Five months into her pregnancy, Representative Cori Bush (D-MO) informed her doctor that she was in extreme pain; her doctor sent her home. One week later, Bush went into labor. During her May 6, 2021 congressional testimony, Bush describes the experience of having her doctor disbelieve her pain and the birth of her child, who weighed barely over a pound: “His ears were still in his head, his eyes were still fused shut, his fingers were smaller than rice, and his skin was translucent. A Black baby, translucent skin.” Bush’s testimony was an eloquent, painful recounting of her labor complications and interactions with racist medical care. But her individual story, while deeply personal, isn’t unique. Rather, it’s one example of the many devastating experiences shared by Black birthing people. 

Recent years have brought more attention to the U.S. gestational mortality crisis, and a variety of articles have correctly noted that said crisis disproportionately affects Black birthing people. But the vast majority of articles employ gendered language to describe the crisis as one of maternal mortality largely impacting Black women. In so doing, they fail to accurately understand what the crisis is and who it affects. It’s difficult, if not impossible, to mitigate an issue without that information. If we focus only on Black cis-women, we ignore the vast expanse of Black people who can get pregnant and need accessible, quality gestational care. Language, in this context, can be a matter of life and death. 

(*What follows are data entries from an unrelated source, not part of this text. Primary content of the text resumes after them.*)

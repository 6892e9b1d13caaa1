-- ===== src/Ui/InSync.antt =====
-- The tabs, the messages and the engine's gossipsub agree on the topics that are subscribed to.
pub mod Topics
pub mod Network
pub mod Commands
pub mod Changes
pub mod Selected
pub mod Keys
pub mod Events
use trithemius_p2p.Base.{
  ℕ, ◌≡◌, ◌≢◌, refl, sym, ap, ◌∙◌, Text, text_eq, ◌==◌, Bool, true, false, not, ◌||◌, Option, none,
  some, is_some, Eq, ◌⊎◌, inl, inr, Outcome, ok, err, panic, Holds, on_ok-Holds, contains,
  if◌then◌else◌, arith,
}
use trithemius_p2p.Base.Map.{lookup, insert, lookup-insert, lookup-erase}
use trithemius_p2p.Util.{Multiaddr}
use trithemius_p2p.Control.Service.{OnionService}
use trithemius_p2p.Subscriptions.Queue.{CircularQueue}
use trithemius_p2p.Subscriptions.{Subscription, Subscriptions, ChatMessage}
use trithemius_p2p.Subscriptions.Queue
use trithemius_p2p.Subscriptions.Laws
use trithemius_p2p.TopicList.{SubscriptionList}
use trithemius_p2p.TopicList.Membership.{IsDistinct}
use trithemius_p2p.TopicList.Select
use trithemius_p2p.InputLine.{InputLine}
use trithemius_p2p.InputLine.Zipper
use trithemius_p2p.Engine.Events.{PackageTypes}
use trithemius_p2p.Engine.Run.{Swarm, Engine}
use trithemius_p2p.Engine.Ops.{result}
use trithemius_p2p.Ui.Actions.{Action, ◌>>=◌, ◌>>◌, tried}
use trithemius_p2p.Ui.{
  World, UiError, Ui, State, Act, on_ui, ui, on_engine, passing, log_info, log_error,
}

-- What gossipsub documents: it keeps the set of topics that are subscribed to, `subscribe` says
-- whether the topic is new and `unsubscribe` whether it was there, and nothing else changes the set.
pub record Gossipsub {T : PackageTypes} (S : Swarm T) : Type 0 where
  pub joined : S.State → Text → Bool
  pub subscribe_lem :
      (s : S.State) (topic : Text) {b : Bool}
      → (S.subscribe s topic).1 ≡ inr b
      → (b ≡ not (joined s topic))
        × ((t : Text) → joined (S.subscribe s topic).0 t ≡ (joined s t || t == topic))
  pub subscribe_fails :
      (s : S.State) (topic : Text) {x : S.SubscriptionError}
      → (S.subscribe s topic).1 ≡ inl x
      → (t : Text) → joined (S.subscribe s topic).0 t ≡ joined s t
  pub unsubscribe_lem :
      (s : S.State) (topic : Text) {b : Bool}
      → (S.unsubscribe s topic).1 ≡ inr b
      → (b ≡ joined s topic)
        × ((t : Text)
            → joined (S.unsubscribe s topic).0 t ≡ (if t == topic then false else joined s t))
  pub unsubscribe_fails :
      (s : S.State) (topic : Text) {x : S.PublishError}
      → (S.unsubscribe s topic).1 ≡ inl x
      → (t : Text) → joined (S.unsubscribe s topic).0 t ≡ joined s t
  pub publish_keeps :
      (s : S.State) (topic text t : Text) → joined (S.publish s topic text).0 t ≡ joined s t
  pub add_external_address_keeps :
      (s : S.State) (a : Multiaddr) (t : Text) → joined (S.add_external_address s a) t ≡ joined s t
  pub dial_keeps : (s : S.State) (a : Multiaddr) (t : Text) → joined (S.dial s a).0 t ≡ joined s t
  pub listen_on_keeps :
      (s : S.State) (a : Multiaddr) (t : Text) → joined (S.listen_on s a).0 t ≡ joined s t
  pub queue_service_keeps :
      (s : S.State) (o : OnionService) (t : Text) → joined (S.queue_service s o) t ≡ joined s t
  pub bootstrap_keeps : (s : S.State) (t : Text) → joined (S.bootstrap s).0 t ≡ joined s t
  pub register_keeps :
      (s : S.State) (n : T.Namespace) (p : T.PeerId) (t : Text)
      → joined (S.register s n p) t ≡ joined s t
  pub discover_keeps :
      (s : S.State) (n : Option T.Namespace) (c : Option T.Cookie) (l : Option ℕ) (p : T.PeerId)
      (t : Text)
      → joined (S.discover s n c l p) t ≡ joined s t
  pub get_closest_peers_keeps :
      (s : S.State) (p : T.PeerId) (t : Text) → joined (S.get_closest_peers s p).0 t ≡ joined s t
  pub addresses_of_peer_keeps :
      (s : S.State) (p : T.PeerId) (t : Text) → joined (S.addresses_of_peer s p).0 t ≡ joined s t

-- A topic has a tab exactly if it has an entry of messages, and exactly if gossipsub has joined it;
-- an entry is of its own topic, no topic has two tabs, and the tab and the cursor are in range.
pub record Agree (Q : CircularQueue) (joined : Text → Bool) (subscriptions : Subscriptions Q)
    (tabs : SubscriptionList) (line : InputLine) : Type 0 where
  pub entries : (t : Text) → is_some (lookup t subscriptions) ≡ joined t
  pub own_topic :
      (t : Text) (entry : Subscription Q) → lookup t subscriptions ≡ some entry → entry.topic ≡ t
  pub tabs_of : (t : Text) → contains tabs.list t ≡ joined t
  pub tabs_IsDistinct : IsDistinct tabs.list
  pub tabs_IsValid : Select.IsValid tabs
  pub line_IsValid : Zipper.IsValid line

module _ {T : PackageTypes} (S : Swarm T) (Q : CircularQueue) (G : Gossipsub S) where
  abbrev pub InSync : Ui T Q × Engine S → Type 0
  InSync (u, e) = Agree Q (G.joined e.swarm) u.subscriptions u.subscription_list u.line

  -- The program after a method: in sync again, unless it has panicked.
  abbrev pub Kept : {E A : Type 0} → (Ui T Q × Engine S) × Outcome E A → Type 0
  Kept r = Holds InSync r

  pub record Keeps {E A : Type 0} (m : Action (Ui T Q × Engine S) E A) : Type 0 where
    pub kept : (s : Ui T Q × Engine S) → InSync s → Kept (m s)

  pub >>=-Keeps :
      {E A B : Type 0} {m : Action (Ui T Q × Engine S) E A} {k : A → Action (Ui T Q × Engine S) E B}
      → Keeps m
      → ((a : A) → Keeps (k a))
      → Keeps (m >>= k)
  >>=-Keeps {m = m} {k = k} h g = record {
    kept = λ s i. on_ok-Holds InSync (m s) (λ s a. k a s) (h.kept s i) λ s a j. (g a).kept s j;
  }

  pub >>-Keeps :
      {E A B : Type 0} {m : Action (Ui T Q × Engine S) E A} {k : Action (Ui T Q × Engine S) E B}
      → Keeps m
      → Keeps k
      → Keeps (m >> k)
  >>-Keeps h g = >>=-Keeps h λ _. g

  pub Agree-joined :
      {f g : Text → Bool} {m : Subscriptions Q} {l : SubscriptionList} {i : InputLine}
      → Agree Q f m l i
      → ((t : Text) → g t ≡ f t)
      → Agree Q g m l i
  Agree-joined h q = record {
    entries = λ t. h.entries t ∙ sym (q t);
    own_topic = h.own_topic;
    tabs_of = λ t. h.tabs_of t ∙ sym (q t);
    tabs_IsDistinct = h.tabs_IsDistinct;
    tabs_IsValid = h.tabs_IsValid;
    line_IsValid = h.line_IsValid;
  }
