-- ===== src/Ui/InSync/Changes.antt =====
-- The changes that keys make to the parts that agree.
use trithemius_p2p.Base.{◌≡◌, sym, ap, ◌∙◌, Text, text_eq, Bool, some, is_some, contains, arith}
use mathlib.Core.Option.{some-injective}
use trithemius_p2p.Base.Map.{lookup, insert, lookup-insert}
use trithemius_p2p.Subscriptions.Queue.{CircularQueue}
use trithemius_p2p.Subscriptions.{Subscription, Subscriptions, ChatMessage, push_message}
use trithemius_p2p.TopicList.{SubscriptionList}
use trithemius_p2p.TopicList.Select.{current-some}
use trithemius_p2p.TopicList.Select
use trithemius_p2p.InputLine.{InputLine}
use trithemius_p2p.InputLine.Zipper
use trithemius_p2p.InputLine.Zipper.{edit-IsValid}
use trithemius_p2p.Ui.InSync.{Agree}

module _ {Q : CircularQueue} {f : Text → Bool} {m : Subscriptions Q} {l : SubscriptionList}
    {i : InputLine} (h : Agree Q f m l i) where
  pub Agree-line : {i' : InputLine} → Zipper.IsValid i' → Agree Q f m l i'
  Agree-line v = record {
    entries = h.entries;
    own_topic = h.own_topic;
    tabs_of = h.tabs_of;
    tabs_IsDistinct = h.tabs_IsDistinct;
    tabs_IsValid = h.tabs_IsValid;
    line_IsValid = v;
  }

  -- A move of the selection changes no tab.
  pub Agree-tabs : {l' : SubscriptionList} → l'.list ≡ l.list → Select.IsValid l' → Agree Q f m l' i
  Agree-tabs e v = record {
    entries = h.entries;
    own_topic = h.own_topic;
    tabs_of = λ t. ap (λ xs. contains xs t) e ∙ h.tabs_of t;
    tabs_IsDistinct = rw e h.tabs_IsDistinct;
    tabs_IsValid = v;
    line_IsValid = h.line_IsValid;
  }

  -- A message in the queue of a topic that has one.
  pub Agree-push :
      (topic : Text) (s : Subscription Q) (x : ChatMessage)
      → lookup topic m ≡ some s
      → Agree Q f (insert topic (push_message Q s x) m) l i
  Agree-push topic s x found = record {
    entries = λ t. elim (text_eq.dec t topic) [
      | yes same ↦
          ap is_some (lookup-insert t topic (push_message Q s x) m)
          ∙ ground arith
          ∙ ap is_some (sym found)
          ∙ h.entries topic
          ∙ ap f (sym same)
      | no differ ↦
          ap is_some (lookup-insert t topic (push_message Q s x) m) ∙ ground (arith, h.entries t)
    ];
    own_topic = own;
    tabs_of = h.tabs_of;
    tabs_IsDistinct = h.tabs_IsDistinct;
    tabs_IsValid = h.tabs_IsValid;
    line_IsValid = h.line_IsValid;
  }
    where
      own :
          (t : Text) (r : Subscription Q)
          → lookup t (insert topic (push_message Q s x) m) ≡ some r
          → r.topic ≡ t
      own t r e = elim (text_eq.dec t topic) [
        | yes same ↦
            let k : some (push_message Q s x) ≡ some r =
              ground (arith, lookup-insert t topic (push_message Q s x) m) in
            ap (λ r. r.topic) (sym (some-injective _ _ k)) ∙ h.own_topic topic s found ∙ sym same
        | no differ ↦ h.own_topic t r (ground (arith, lookup-insert t topic (push_message Q s x) m))
      ]
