-- ===== src/Ui/InSync/Selected.antt =====
-- The tab that is selected has an entry of messages.
use trithemius_p2p.Base.{ℕ, ◌≡◌, refl, sym, ◌∙◌, Text, text_eq, Option, none, some, is_some, true}
use trithemius_p2p.Base.Map.{lookup}
use trithemius_p2p.Subscriptions.Queue.{CircularQueue}
use trithemius_p2p.Subscriptions.{Subscription}
use trithemius_p2p.TopicList.{current}
use trithemius_p2p.TopicList.Select.{current-some}
use trithemius_p2p.TopicList.Membership.{IsAt-contains}
use trithemius_p2p.Engine.Events.{PackageTypes}
use trithemius_p2p.Engine.Run.{Swarm, Engine}
use trithemius_p2p.Ui.{Ui}
use trithemius_p2p.Ui.InSync.{Gossipsub, InSync}

module _ {T : PackageTypes} (S : Swarm T) (Q : CircularQueue) (G : Gossipsub S) where
  known : (o : Option (Subscription Q)) → is_some o ≡ true → (s : Subscription Q) × (o ≡ some s)
  known none h = cc
  known (some s) h = (s, refl)

  -- The topic of the tab that is selected, and its entry.
  pub entry_of :
      (u : Ui T Q) (e : Engine S) {index : ℕ}
      → InSync S Q G (u, e)
      → u.subscription_list.current_index ≡ some index
      → (topic : Text) × (s : Subscription Q) × (current u.subscription_list ≡ some topic)
        × (lookup topic u.subscriptions ≡ some s)
  entry_of u e {index} h selected =
      let (topic, c, at) = current-some u.subscription_list index h.tabs_IsValid selected in
      let (s, found) = known (lookup topic u.subscriptions) (
        h.entries topic
        ∙ sym (h.tabs_of topic)
        ∙ IsAt-contains u.subscription_list.list index at) in
      (topic, s, c, found)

As Sloane Jett remarks, when “considering marginalized people’s bodily autonomy, we must question how we perceive whose lives are worth protecting, and who is allowed to safely make a family—an inquiry that extends far beyond white cisgender women.” Indeed, as Jett and I note, this inquiry extends far beyond Black cisgender women: there are Black, pregnancy-capable people who aren’t women. Many people, including some trans, nonbinary, and gender nonconforming folks, might have a uterus but don’t identify as a woman. They merit more than inclusive language, and beyond that, they merit anti-racist, anti-transphobic medical care. All Black birthing people deserve autonomy, protection, and safety. 

We at the Woodhull Freedom Foundation affirm that the ability to create a family, free from the violence of racism and transphobia, is fundamental to our human right to sexual freedom. We also know that there are many different ways to build a family, and that Black birthing people particularly face a gestational mortality crisis. Effective efforts to address such a crisis can’t be limited to ciscentric conceptions of pregnancy and birth. All Black birthing people matter. Their pregnancies matter and their experiences of labor and delivery matter. The health of their children, families, and communities matter. Their futures matter.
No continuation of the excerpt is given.